For more than 45 years, churches across the country have joined together to run General Election Hustings meetings: public meetings where people can listen to and ask questions of the candidates who hope to represent them in the UK Parliament. Meetings sponsored by the churches provide opportunity for genuine political debate on neutral territory. I have attended many hustings organised by Churches together and I can vouch they are an excellent way of learning candidates views and letting them know the concerns of voters.
Drawing on my past experience I offer some practical tips to getting the most out of attending a hustings.
Asking a question
Sometimes you have to pre-submit a question. Many chairs of hustings like to group the questions together and make their own choices, but there is usually also a chance for people to ask questions from the floor. My feeling is that you have a better chance of getting your question as it stands if you are able to ask a question from the floor on the night, but better still, why not get one person to pre-submit a question and then another to be ready with their pre-written question to ask?
You are attending as a voter - the candidates all want your vote! Whoever is chairing the proceedings does not want any aggro from pressure groups, so is more likely to choose you to ask a question if you are not obviously representing a group, therefore, it can be good not wear any distinguishing clothes such as a T-shirt with a logo on.
If there is more than one of you, it's best not to sit together or be seen together. This multiplies your chance of getting your question answered. It's good to sit fairly near the front, but not the very front row as you are more likely to catch the eye of the Chair. I reckon the seat next to the middle aisle of the second row from the front is a good place!
Engaging with the candidates
Show an open, relaxed, interested face to all the questions, and smile if you can! This will identify you to the Chair as a reasonable person. Makes notes of all the candidates' replies to questions - this is how you learn about your next MP (as one of them is going to be elected), and they might say something which could be of use in future meetings with them, as you can quote their words back to them! It can be a good idea to divide the questions and answers up between you, as you can then concentrate on one question each.
Do try to talk to all the candidates you can after the meeting, especially the ones most likely to get elected. Introduce yourself and comment on anything you were particularly interested by. Make a note of the names of their support staff too, and get some contact details written down. This is useful information for the future. I have had a photo taken with one or two of them too.

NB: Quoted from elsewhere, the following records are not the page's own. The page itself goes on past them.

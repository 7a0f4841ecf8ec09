-- ===== src/CString.antt =====
-- src/string/string.c. A `char*` is an address; a loop that ends at a terminator only runs on fuel,
-- and `none` is that the fuel ran out.
pub mod Laws
pub mod Compare
mod Tests
use boi_os.Prelude.{
  ℕ, zero, suc, ◌+◌, ◌-◌, Bool, true, false, ◌&&◌, ◌||◌, not, Option, none, some, ltb, leb, ◌==◌,
  if◌then◌else◌,
}
use boi_os.Prelude.Int.{ℤ, pos, negsuc, sub_ℕ}
use boi_os.Prelude.Mem.{Mem, store}

strlen_loop : Mem → ℕ → ℕ → ℕ → Option ℕ
strlen_loop m str len zero = none
strlen_loop m str len (suc fuel) = elim (m (str + len) == 0) [
  | true ↦ some len
  | false ↦ strlen_loop m str (len + 1) fuel
]

pub strlen : Mem → ℕ → ℕ → Option ℕ
unfolding strlen_loop
strlen m str fuel = strlen_loop m str 0 fuel

-- `k` rounds are left.
strnlen_loop : Mem → ℕ → ℕ → ℕ → ℕ
strnlen_loop m str i zero = i
strnlen_loop m str i (suc k) = elim (m (str + i) == 0) [
  | true ↦ i
  | false ↦ strnlen_loop m str (i + 1) k
]

pub strnlen : Mem → ℕ → ℕ → ℕ
unfolding strnlen_loop
strnlen m str max = strnlen_loop m str 0 max

terminator_loop : Mem → ℕ → ℕ → ℕ → ℕ → Option ℕ
terminator_loop m str terminator len zero = none
terminator_loop m str terminator len (suc fuel) =
    elim (not (m (str + len) == 0) && not (m (str + len) == terminator)) [
      | true ↦ terminator_loop m str terminator (len + 1) fuel
      | false ↦ some len
    ]

pub strnlen_terminator : Mem → ℕ → ℕ → ℕ → ℕ → Option ℕ
unfolding terminator_loop
strnlen_terminator m str max terminator fuel = elim (terminator_loop m str terminator 0 fuel) [
  | none ↦ none
  | some len ↦ some (if ltb max len then max else len)
]

unfoldable pub isdigit : ℕ → Bool
isdigit c = leb 48 c && leb c 57

-- A byte from 128 on is a negative `char`.
unfoldable pub tonumericdigit : ℕ → ℤ
tonumericdigit c = if ltb c 128 then sub_ℕ c 48 else negsuc (256 - c + 48 - 1)

strcpy_loop : Mem → ℕ → ℕ → ℕ → Option Mem
strcpy_loop m dest src zero = none
strcpy_loop m dest src (suc fuel) = elim (m src == 0) [
  | true ↦ some (store m dest 0)
  | false ↦ strcpy_loop (store m dest (m src)) (dest + 1) (src + 1) fuel
]

-- The memory afterwards; the result is `dest`.
pub strcpy : Mem → ℕ → ℕ → ℕ → Option Mem
unfolding strcpy_loop
strcpy m dest src fuel = strcpy_loop m dest src fuel

-- `k` rounds are left, at the index `i` by which `dest` and `src` are already advanced.
strncpy_loop : Mem → ℕ → ℕ → ℕ → Mem
strncpy_loop m dest src zero = store m dest 0
strncpy_loop m dest src (suc k) = elim (m src == 0) [
  | true ↦ store m dest 0
  | false ↦ strncpy_loop (store m dest (m src)) (dest + 1) (src + 1) k
]

pub strncpy : Mem → ℕ → ℕ → ℕ → Mem
unfolding strncpy_loop
strncpy m dest src count = strncpy_loop m dest src (count - 1)

unfoldable pub tolower : ℕ → ℕ
tolower c = if leb 65 c && leb c 90 then c + 32 else c

pub istrncmp : Mem → ℕ → ℕ → ℕ → ℤ
unfolding tolower
istrncmp m str1 str2 zero = pos 0
istrncmp m str1 str2 (suc n) =
    let u1 = m str1 in
    let u2 = m str2 in
    let rest = istrncmp m (str1 + 1) (str2 + 1) n in
    if not (u1 == u2) && not (tolower u1 == tolower u2)
    then sub_ℕ u1 u2
    else if u1 == 0
    then pos 0
    else rest

pub strncmp : Mem → ℕ → ℕ → ℕ → ℤ
strncmp m str1 str2 zero = pos 0
strncmp m str1 str2 (suc n) =
    let u1 = m str1 in
    let u2 = m str2 in
    let rest = strncmp m (str1 + 1) (str2 + 1) n in
    if not (u1 == u2) then sub_ℕ u1 u2 else if u1 == 0 then pos 0 else rest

I remember on one memorable husting, Results UK asked us to ask the candidates to make a commitment to eradicating poverty, and we had a sheet with a slogan on that they could be photographed with. They all had their photos taken with the sheet.
At one hustings, the new Tory candidate (who was subsequently elected as MP) remembered my question on hustings night, and referred to it in the group's first meeting with her (via Zoom). Her comment on the merger of DfID (the former Department for International Development) and the Foreign Office was, "Gill's not going to like that" (having assured me at the hustings that no such merger was being contemplated!

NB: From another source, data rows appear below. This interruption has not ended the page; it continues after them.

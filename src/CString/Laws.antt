-- ===== src/CString/Laws.antt =====
-- Strings in memory, their length, and what the copies write.
use boi_os.Prelude.{
  ℕ, zero, suc, ◌+◌, ◌-◌, ◌≤◌, ◌<◌, ◌≡◌, ◌⊎◌, ap, ◌∙◌, inl, some, List, [], ◌∷◌, length, take,
  arith, ne→==,
}
use Prim.Native.Nat.{min}
use boi_os.Prelude.Mem.{Mem, store}
use boi_os.CString.{
  strlen, strlen_loop, strnlen, strnlen_loop, strcpy, strcpy_loop, strncpy, strncpy_loop,
}

-- At `p` stand the bytes `cs`, none of them zero, and a zero byte.
abbrev pub IsString : Mem → ℕ → List ℕ → Type 0
IsString m p [] = m p ≡ 0
IsString m p (c ∷ cs) = (m p ≡ c) × (0 < c) × IsString m (p + 1) cs

-- A string is the bytes that it is read from.
pub IsString-same :
    (cs : List ℕ) (m m' : Mem) (p : ℕ)
    → ((a : ℕ) → p ≤ a → a ≤ p + length cs → m' a ≡ m a)
    → IsString m p cs
    → IsString m' p cs
IsString-same [] m m' p same s = same p (omega arith) (omega arith) ∙ s
IsString-same (c ∷ cs) m m' p same (h, pc, s) = (
  same p (omega arith) (omega arith) ∙ h,
  pc,
  IsString-same cs m m' (p + 1) (λ a lo hi. same a (omega arith) (omega arith)) s,
)

strlen_loop-length :
    (cs : List ℕ) (m : Mem) (str len fuel : ℕ)
    → IsString m (str + len) cs
    → length cs < fuel
    → strlen_loop m str len fuel ≡ some (len + length cs)
unfolding strlen_loop
strlen_loop-length cs m str len zero s lt = absurd (omega arith)
strlen_loop-length [] m str len (suc fuel) s lt = rw (s, strlen_loop) (ap some (omega arith))
strlen_loop-length (c ∷ cs) m str len (suc fuel) (h, pc, s) lt =
    let e : str + len + 1 ≡ str + (len + 1) = omega arith in
    rw (h, ne→== c 0 (omega arith), strlen_loop)
      (strlen_loop-length cs m str (len + 1) fuel (rw e at s) (omega arith) ∙ ap some (omega arith))

-- With fuel beyond the length strlen returns the length.
pub strlen-length :
    (cs : List ℕ) (m : Mem) (str fuel : ℕ)
    → IsString m str cs
    → length cs < fuel
    → strlen m str fuel ≡ some (length cs)
unfolding strlen
strlen-length cs m str fuel s lt =
    let e : str ≡ str + 0 = omega arith in
    strlen_loop-length cs m str 0 fuel (rw e at s) lt ∙ ap some (omega arith)

strnlen_loop-min :
    (k : ℕ) (cs : List ℕ) (m : Mem) (str i : ℕ)
    → IsString m (str + i) cs
    → strnlen_loop m str i k ≡ i + min (length cs) k
unfolding strnlen_loop
strnlen_loop-min zero cs m str i s = omega arith
strnlen_loop-min (suc k) [] m str i s = rw (s, strnlen_loop) (omega arith)
strnlen_loop-min (suc k) (c ∷ cs) m str i (h, pc, s) =
    let e : str + i + 1 ≡ str + (i + 1) = omega arith in
    rw (h, ne→== c 0 (omega arith), strnlen_loop)
      (strnlen_loop-min k cs m str (i + 1) (rw e at s) ∙ omega arith)

-- strnlen returns the length, or `max` if that is less.
pub strnlen-min :
    (cs : List ℕ) (m : Mem) (str max : ℕ)
    → IsString m str cs
    → strnlen m str max ≡ min (length cs) max
unfolding strnlen
strnlen-min cs m str max s =
    let e : str ≡ str + 0 = omega arith in strnlen_loop-min max cs m str 0 (rw e at s) ∙ omega arith

-- The memory after a copy of `bs` to `dest`: the string stands there, and else nothing changed.
pub record Copied (m : Mem) (dest : ℕ) (bs : List ℕ) (m' : Mem) : Type 0 where
  pub stands : IsString m' dest bs
  pub others : (a : ℕ) → (a < dest) ⊎ (dest + length bs < a) → m' a ≡ m a

-- The copy does not overwrite the source before it reads it.
abbrev pub Apart : ℕ → ℕ → ℕ → Type 0
Apart dest src n = (dest < src) ⊎ (src + n ≤ dest)

Copied-end : (m : Mem) (dest : ℕ) → Copied m dest [] (store m dest 0)
Copied-end m dest = record { stands = ground arith; others = λ a h. ground arith }

pub Copied-cons :
    (m m' : Mem) (dest v c : ℕ) (bs : List ℕ)
    → v ≡ c
    → 0 < c
    → Copied (store m dest v) (dest + 1) bs m'
    → Copied m dest (c ∷ bs) m'
Copied-cons m m' dest v c bs e pc rest = record {
  stands = (rest.others dest (inl (omega arith)) ∙ ground arith, pc, rest.stands);
  others = λ a h. rest.others a (ground arith) ∙ ground arith;
}

strncpy_loop-Copied :
    (k : ℕ) (cs : List ℕ) (m : Mem) (dest src : ℕ)
    → IsString m src cs
    → Apart dest src (suc (length cs))
    → Copied m dest (take k cs) (strncpy_loop m dest src k)
unfolding strncpy_loop
strncpy_loop-Copied zero cs m dest src s ap' = Copied-end m dest
strncpy_loop-Copied (suc k) [] m dest src s ap' = rw (s, strncpy_loop) (Copied-end m dest)
strncpy_loop-Copied (suc k) (c ∷ cs) m dest src (h, pc, s) ap' =
    rw (ne→== (m src) 0 (omega arith), strncpy_loop)
      (Copied-cons m _ dest (m src) c (take k cs) h pc (
        strncpy_loop-Copied k cs (store m dest (m src)) (dest + 1) (src + 1)
          (IsString-same cs m (store m dest (m src)) (src + 1) (λ a lo hi. ground arith) s)
          (ground arith)))

-- strncpy of `count > 0` copies the string's first `count - 1` bytes and a terminator, and writes
-- nothing else, if the destination begins in front of the source or behind it.
pub strncpy-Copied :
    (cs : List ℕ) (m : Mem) (dest src count : ℕ)
    → IsString m src cs
    → Apart dest src (suc (length cs))
    → Copied m dest (take (count - 1) cs) (strncpy m dest src count)
unfolding strncpy
strncpy-Copied cs m dest src count s ap' = strncpy_loop-Copied (count - 1) cs m dest src s ap'

strcpy_loop-Copied :
    (fuel : ℕ) (cs : List ℕ) (m : Mem) (dest src : ℕ)
    → IsString m src cs
    → Apart dest src (suc (length cs))
    → length cs < fuel
    → (m' : Mem) × (strcpy_loop m dest src fuel ≡ some m') × Copied m dest cs m'
unfolding strcpy_loop
strcpy_loop-Copied zero cs m dest src s ap' lt = absurd (omega arith)
strcpy_loop-Copied (suc fuel) [] m dest src s ap' lt =
    (store m dest 0, rw (s, strcpy_loop), Copied-end m dest)
strcpy_loop-Copied (suc fuel) (c ∷ cs) m dest src (h, pc, s) ap' lt =
    let (m', e, done) =
      strcpy_loop-Copied fuel cs (store m dest (m src)) (dest + 1) (src + 1)
        (IsString-same cs m (store m dest (m src)) (src + 1) (λ a lo hi. ground arith) s)
        (ground arith) (omega arith) in
    (
      m',
      rw (ne→== (m src) 0 (omega arith), strcpy_loop) e,
      Copied-cons m m' dest (m src) c cs h pc done,
    )

-- With fuel beyond the length strcpy ends; it copies the string and its terminator and writes nothing
-- else, if the destination begins in front of the source or behind it.
pub strcpy-Copied :
    (cs : List ℕ) (m : Mem) (dest src fuel : ℕ)
    → IsString m src cs
    → Apart dest src (suc (length cs))
    → length cs < fuel
    → (m' : Mem) × (strcpy m dest src fuel ≡ some m') × Copied m dest cs m'
unfolding strcpy
strcpy-Copied cs m dest src fuel = strcpy_loop-Copied fuel cs m dest src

My experience with hustings has usually been at those organised by groups such as Churches Together which are more friendly towards asking development questions and of Catholic Social Teaching. So please go along with friends from Church and let the candidates know what you think! Or better still why not ask your local Churches together if they will be organising a hustings?
Churches together website has a section where you can find an Churches together hustings in your constituency.

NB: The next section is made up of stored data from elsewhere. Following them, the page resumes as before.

-- ===== src/CString/Compare.antt =====
-- strncmp and istrncmp against equality of the strings they read.

use boi_os.Prelude.{
  ℕ, zero, suc, ◌+◌, ◌≡◌, ◌↔◌, refl, ap, sym, ◌∙◌, ◌-◌, ◌&&◌, leb, if◌then◌else◌, List, [], ◌∷◌,
  take, arith,
}
use boi_os.Prelude.Int.{pos}
use boi_os.Prelude.Mem.{Mem}
use boi_os.CString.{strncmp, istrncmp, tolower}
use boi_os.CString.Laws.{IsString}

-- The small letter in the place of a capital one; any other byte stays.
abbrev pub lower : ℕ → ℕ
lower c = if leb b'A' c && leb c b'Z' then b'a' + (c - b'A') else c

abbrev pub map_lower : List ℕ → List ℕ
map_lower [] = []
map_lower (c ∷ cs) = lower c ∷ map_lower cs

tolower-lower : (c : ℕ) → tolower c ≡ lower c
unfolding tolower
tolower-lower c = ground arith

map_tolower : List ℕ → List ℕ
map_tolower [] = []
map_tolower (c ∷ cs) = tolower c ∷ map_tolower cs

map_tolower-map_lower : (cs : List ℕ) → map_tolower cs ≡ map_lower cs
unfolding map_tolower
map_tolower-map_lower [] = refl
map_tolower-map_lower (c ∷ cs) =
    ap (λ x. x ∷ map_tolower cs) (tolower-lower c)
    ∙ ap (λ xs. lower c ∷ xs) (map_tolower-map_lower cs)

strncmp-eq :
    (n : ℕ) (xs ys : List ℕ) (m : Mem) (p q : ℕ)
    → IsString m p xs
    → IsString m q ys
    → strncmp m p q n ≡ pos 0
    → take n xs ≡ take n ys
unfolding strncmp
strncmp-eq zero xs ys m p q sa sb e = refl
strncmp-eq (suc n) [] [] m p q sa sb e = refl
strncmp-eq (suc n) [] (y ∷ ys) m p q sa (hb, pb, sb) e = absurd (ground arith)
strncmp-eq (suc n) (x ∷ xs) [] m p q (ha, pa, sa) sb e = absurd (ground arith)
strncmp-eq (suc n) (x ∷ xs) (y ∷ ys) m p q (ha, pa, sa) (hb, pb, sb) e =
    ground (arith, strncmp-eq n xs ys m (p + 1) (q + 1) sa sb)

eq-strncmp :
    (n : ℕ) (xs ys : List ℕ) (m : Mem) (p q : ℕ)
    → IsString m p xs
    → IsString m q ys
    → take n xs ≡ take n ys
    → strncmp m p q n ≡ pos 0
unfolding strncmp
eq-strncmp zero xs ys m p q sa sb e = refl
eq-strncmp (suc n) [] [] m p q sa sb e = ground arith
eq-strncmp (suc n) [] (y ∷ ys) m p q sa sb e = cc
eq-strncmp (suc n) (x ∷ xs) [] m p q sa sb e = cc
eq-strncmp (suc n) (x ∷ xs) (y ∷ ys) m p q (ha, pa, sa) (hb, pb, sb) e =
    ground (arith, eq-strncmp n xs ys m (p + 1) (q + 1) sa sb)

-- strncmp returns 0 exactly when the first `n` bytes of the two strings are the same.
pub strncmp-zero_iff :
    (n : ℕ) (xs ys : List ℕ) (m : Mem) (p q : ℕ)
    → IsString m p xs
    → IsString m q ys
    → (strncmp m p q n ≡ pos 0) ↔ (take n xs ≡ take n ys)
strncmp-zero_iff n xs ys m p q sa sb =
    (strncmp-eq n xs ys m p q sa sb, eq-strncmp n xs ys m p q sa sb)

istrncmp-eq :
    (n : ℕ) (xs ys : List ℕ) (m : Mem) (p q : ℕ)
    → IsString m p xs
    → IsString m q ys
    → istrncmp m p q n ≡ pos 0
    → map_tolower (take n xs) ≡ map_tolower (take n ys)
unfolding istrncmp map_tolower
istrncmp-eq zero xs ys m p q sa sb e = refl
istrncmp-eq (suc n) [] [] m p q sa sb e = refl
istrncmp-eq (suc n) [] (y ∷ ys) m p q sa (hb, pb, sb) e = absurd (ground arith)
istrncmp-eq (suc n) (x ∷ xs) [] m p q (ha, pa, sa) sb e = absurd (ground arith)
istrncmp-eq (suc n) (x ∷ xs) (y ∷ ys) m p q (ha, pa, sa) (hb, pb, sb) e =
    ground (arith, istrncmp-eq n xs ys m (p + 1) (q + 1) sa sb)

eq-istrncmp :
    (n : ℕ) (xs ys : List ℕ) (m : Mem) (p q : ℕ)
    → IsString m p xs
    → IsString m q ys
    → map_tolower (take n xs) ≡ map_tolower (take n ys)
    → istrncmp m p q n ≡ pos 0
unfolding istrncmp map_tolower
eq-istrncmp zero xs ys m p q sa sb e = refl
eq-istrncmp (suc n) [] [] m p q sa sb e = ground arith
eq-istrncmp (suc n) [] (y ∷ ys) m p q sa sb e = cc
eq-istrncmp (suc n) (x ∷ xs) [] m p q sa sb e = cc
eq-istrncmp (suc n) (x ∷ xs) (y ∷ ys) m p q (ha, pa, sa) (hb, pb, sb) e =
    ground (arith, eq-istrncmp n xs ys m (p + 1) (q + 1) sa sb)

-- istrncmp returns 0 exactly when the first `n` bytes of the two strings are the same but for the case
-- of the letters A to Z.
pub istrncmp-zero_iff :
    (n : ℕ) (xs ys : List ℕ) (m : Mem) (p q : ℕ)
    → IsString m p xs
    → IsString m q ys
    → (istrncmp m p q n ≡ pos 0) ↔ (map_lower (take n xs) ≡ map_lower (take n ys))
istrncmp-zero_iff n xs ys m p q sa sb =
    let low = map_tolower-map_lower in
    (
      λ e. sym (low (take n xs)) ∙ istrncmp-eq n xs ys m p q sa sb e ∙ low (take n ys),
      λ e. eq-istrncmp n xs ys m p q sa sb (low (take n xs) ∙ e ∙ sym (low (take n ys))),
    )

See: https://churcheselection.org.uk/eventsys_displayall.php
If there are no hustings planned for your constituency your Church can always organise its own!
The Churches together website also gives good guidance on how to organise your own hustings.
https://churcheselection.org.uk/pdf_view.php?id=1005
while other organisations give similar advice, here are a few websites:
Friends of the Earth: https://groups.friendsoftheearth.uk/elections/guide-planning-hustings
Right to Life: https://righttolife.org.uk/guide-on-how-to-run-a-hustings-event
The electoral commission: www.electoralcommission.org.uk/full-guidance/are-you-holding-a-hustings
Or if none of that is possible you can use Results UK guide to reaching all the Prospective Parliamentary Candidates in your local constituency, here: https://results.org.uk/news/a-summer-election/
In Fratelli Tutti Pope Francis asks us to have a 'heart open to the world' and asks that we engage in a 'better kind of politics. Let us hope that this general election will be a time when we all commit to the 'better kind of politics' One thing we can all do is to join Pope in prayer that we may all have a heart open to encounter.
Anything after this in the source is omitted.